Collected data:

-*-*-

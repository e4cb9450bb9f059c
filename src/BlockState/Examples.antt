-- ===== src/BlockState/Examples.antt =====
-- Setters of node/src/node/block_state/state.rs at concrete inputs.
use ackinacki.BlockState.{new, AckiNackiBlockState}
use ackinacki.Common.{ℕ, true, some, nat_eq}
use ackinacki.Types.{target_eq}

abbrev fresh : AckiNackiBlockState
fresh = record (new 7) { signatures_verified = some true }

abbrev six : ℕ
six = 6

abbrev eight : ℕ
eight = 8
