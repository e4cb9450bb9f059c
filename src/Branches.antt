-- ===== src/Branches.antt =====
use ackinacki.Types.{ThreadIdentifier, BlockIdentifier}
use ackinacki.Common.Assoc.{insert, get, Assoc}
use ackinacki.Common.{
  ◌==◌, inr, inl, Bool-cases, Option-cases, ◌∙◌, ap, sym, refl, ◌≡◌, Bool, false, true, ◌++◌, err,
  ok, nat_eq, extend, Result, if◌then◌else◌, suc, zero, arith, ℕ, Option, List, some, none, ◌∷◌, [],
}
use ackinacki.BlockState.{notify_changed, is_set, new, AckiNackiBlockState, set_invalidated}
-- node/src/node/block_state/tools/invalidate_branch.rs: a block and what descends from it are invalidated.
-- The repository of block states is the map from identifiers to states; it makes a fresh state for a block
-- that it does not have. What it keeps on the disk is part of the map, with the parent of the default block
-- set as it is set when the state is loaded.
pub mod Closure
pub mod Reach
pub mod Rounds
mod Examples

abbrev pub BlockStateRepository : Type 0
BlockStateRepository = Assoc BlockIdentifier AckiNackiBlockState

-- A fresh state; that of the default block, which has the number 0, is its own parent.
unfoldable pub fresh : BlockIdentifier → AckiNackiBlockState
unfolding new notify_changed
fresh b =
    if b == 0 then notify_changed (record (new b) { parent_block_identifier = some b }) else new b

unfoldable pub or_new : BlockIdentifier → Option AckiNackiBlockState → AckiNackiBlockState
unfolding fresh
or_new b none = fresh b
or_new b (some s) = s

unfoldable pub state_of : BlockStateRepository → BlockIdentifier → AckiNackiBlockState
unfolding or_new
state_of states b = or_new b (get b states)

unfoldable pub all_children : Assoc ThreadIdentifier (List BlockIdentifier) → List BlockIdentifier
all_children [] = []
all_children ((thread, children) ∷ known) = extend (all_children known) children

-- `out_of_rounds` is not an error of the code: it says that the rounds given to the model ran out.
pub data InvalidateError : Type 0 where
  is_finalized out_of_rounds : InvalidateError

-- What the loop does with the state at the front of the queue.
pub data Visit : Type 0 where
  assert_fails skip mark : Visit

pub visit : AckiNackiBlockState → Visit
visit next =
    if is_set next.finalized then assert_fails else if is_set next.invalidated then skip else mark

pub process :
    ℕ → List BlockIdentifier → BlockStateRepository → Result InvalidateError BlockStateRepository
unfolding visit state_of all_children set_invalidated
process rounds [] states = ok states
process zero (next ∷ to_process) states = err out_of_rounds
process (suc rounds) (next ∷ to_process) states = elim (visit (state_of states next)) [
  | assert_fails ↦ err is_finalized
  | skip ↦ process rounds to_process states
  | mark ↦
      process rounds (to_process ++ all_children (state_of states next).known_children)
        (insert next (set_invalidated (state_of states next)) states)
]

pub invalidate_branch :
    ℕ → BlockIdentifier → BlockStateRepository → Result InvalidateError BlockStateRepository
unfolding process
invalidate_branch rounds branch_root states = process rounds (branch_root ∷ []) states
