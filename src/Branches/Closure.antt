-- ===== src/Branches/Closure.antt =====
use ackinacki.Common.Assoc.{get-insert, insert}
use ackinacki.Types.{BlockIdentifier}
use ackinacki.BlockState.{
  AckiNackiBlockState, set_invalidated, notify_changed, is_set, AckiNackiBlockState,
  set_invalidated,
}
use ackinacki.Branches.{all_children, state_of, BlockStateRepository}
use ackinacki.Common.{
  ==_cases, nat_eq, ◌==◌, ◌||◌, if◌then◌else◌, contains, inr, inl, Bool-cases, ◌∙◌, ap, sym, refl,
  ◌≡◌, List, Bool, true,
}

-- Which blocks invalidate_branch of node/src/node/block_state/tools/invalidate_branch.rs reaches.
abbrev pub children : BlockStateRepository → BlockIdentifier → List BlockIdentifier
children states b = all_children (state_of states b).known_children

abbrev pub invalid : BlockStateRepository → BlockIdentifier → Bool
invalid states b = is_set (state_of states b).invalidated

abbrev pub final : BlockStateRepository → BlockIdentifier → Bool
final states b = is_set (state_of states b).finalized

-- The block is the root, or a child of a block that descends from it.
pub data Descends (states : BlockStateRepository) (root : BlockIdentifier)
    : BlockIdentifier → Type 0 where
  self : Descends states root root
  child :
      (b c : BlockIdentifier)
      → Descends states root b
      → contains c (children states b) ≡ true
      → Descends states root c

pub Descends-trans :
    (states : BlockStateRepository) (a b c : BlockIdentifier)
    → Descends states a b
    → Descends states b c
    → Descends states a c
Descends-trans states a b _ first self = first
Descends-trans states a b _ first (child d c rest here) =
    child d c (Descends-trans states a b d first rest) here

-- What every call leaves as it is.
pub record Grows (from to : BlockStateRepository) : Type 0 where
  pub same_children : (b : BlockIdentifier) → children to b ≡ children from b
  pub same_final : (b : BlockIdentifier) → final to b ≡ final from b
  pub stays : (b : BlockIdentifier) → invalid from b ≡ true → invalid to b ≡ true

pub Grows-refl : (s : BlockStateRepository) → Grows s s
Grows-refl s = record { same_children = λ b. refl; same_final = λ b. refl; stays = λ b h. h }

pub Grows-trans : (a b c : BlockStateRepository) → Grows a b → Grows b c → Grows a c
Grows-trans a b c first rest = record {
  same_children = λ x. rest.same_children x ∙ first.same_children x;
  same_final = λ x. rest.same_final x ∙ first.same_final x;
  stays = λ x h. rest.stays x (first.stays x h);
}

pub Descends-back :
    (from to : BlockStateRepository) (a b : BlockIdentifier)
    → Grows from to
    → Descends to a b
    → Descends from a b
Descends-back from to a _ grows self = self
Descends-back from to a _ grows (child c b rest here) =
    child c b (Descends-back from to a c grows rest)
      (ap (contains b) (sym (grows.same_children c)) ∙ here)

-- The children of an invalidated block are invalidated, or wait to be.
abbrev pub IsCovered : List BlockIdentifier → BlockStateRepository → Type 0
IsCovered to_process states =
    (b c : BlockIdentifier)
    → invalid states b ≡ true
    → contains c (children states b) ≡ true
    → (invalid states c || contains c to_process) ≡ true

pub state_of-insert :
    (b c : BlockIdentifier) (s : AckiNackiBlockState) (states : BlockStateRepository)
    → state_of (insert b s states) c ≡ (if b == c then s else state_of states c)
unfolding state_of
state_of-insert b c s states = elim (Bool-cases (b == c)) [
  | inl e ↦ rw (e, get-insert b c s states, e) refl
  | inr e ↦ rw (e, get-insert b c s states, e) refl
]

-- The repository once a block is marked.
unfoldable pub marked : BlockStateRepository → BlockIdentifier → BlockStateRepository
marked states b = insert b (set_invalidated (state_of states b)) states

state_of-marked :
    (states : BlockStateRepository) (b c : BlockIdentifier)
    → state_of (marked states b) c
      ≡ (if b == c then set_invalidated (state_of states b) else state_of states c)
unfolding marked
state_of-marked states b c = state_of-insert b c (set_invalidated (state_of states b)) states

pub marked-Grows :
    (states : BlockStateRepository) (b : BlockIdentifier) → Grows states (marked states b)
unfolding set_invalidated notify_changed
marked-Grows states b = record {
  same_children = λ c. elim (==_cases b c) [
    | inl (same, e) ↦ rw (state_of-marked states b c, e, same) refl
    | inr (other, e) ↦ rw (state_of-marked states b c, e) refl
  ];
  same_final = λ c. elim (==_cases b c) [
    | inl (same, e) ↦ rw (state_of-marked states b c, e, same) refl
    | inr (other, e) ↦ rw (state_of-marked states b c, e) refl
  ];
  stays = λ c h. elim (==_cases b c) [
    | inl (same, e) ↦ rw (state_of-marked states b c, e) refl
    | inr (other, e) ↦ rw (state_of-marked states b c, e) h
  ];
}

pub invalid-marked :
    (states : BlockStateRepository) (b c : BlockIdentifier)
    → invalid (marked states b) c ≡ (b == c || invalid states c)
unfolding set_invalidated notify_changed
invalid-marked states b c = elim (==_cases b c) [
  | inl (same, e) ↦ rw (state_of-marked states b c, e) refl
  | inr (other, e) ↦ rw (state_of-marked states b c, e) refl
]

-*-*-

**Task goal:** Identify the lines above with the word "does". Copy them.

**Solution to this problem:**
-- that it does not have. What it keeps on the disk is part of the map, with the parent of the default block
-- What the loop does with the state at the front of the queue.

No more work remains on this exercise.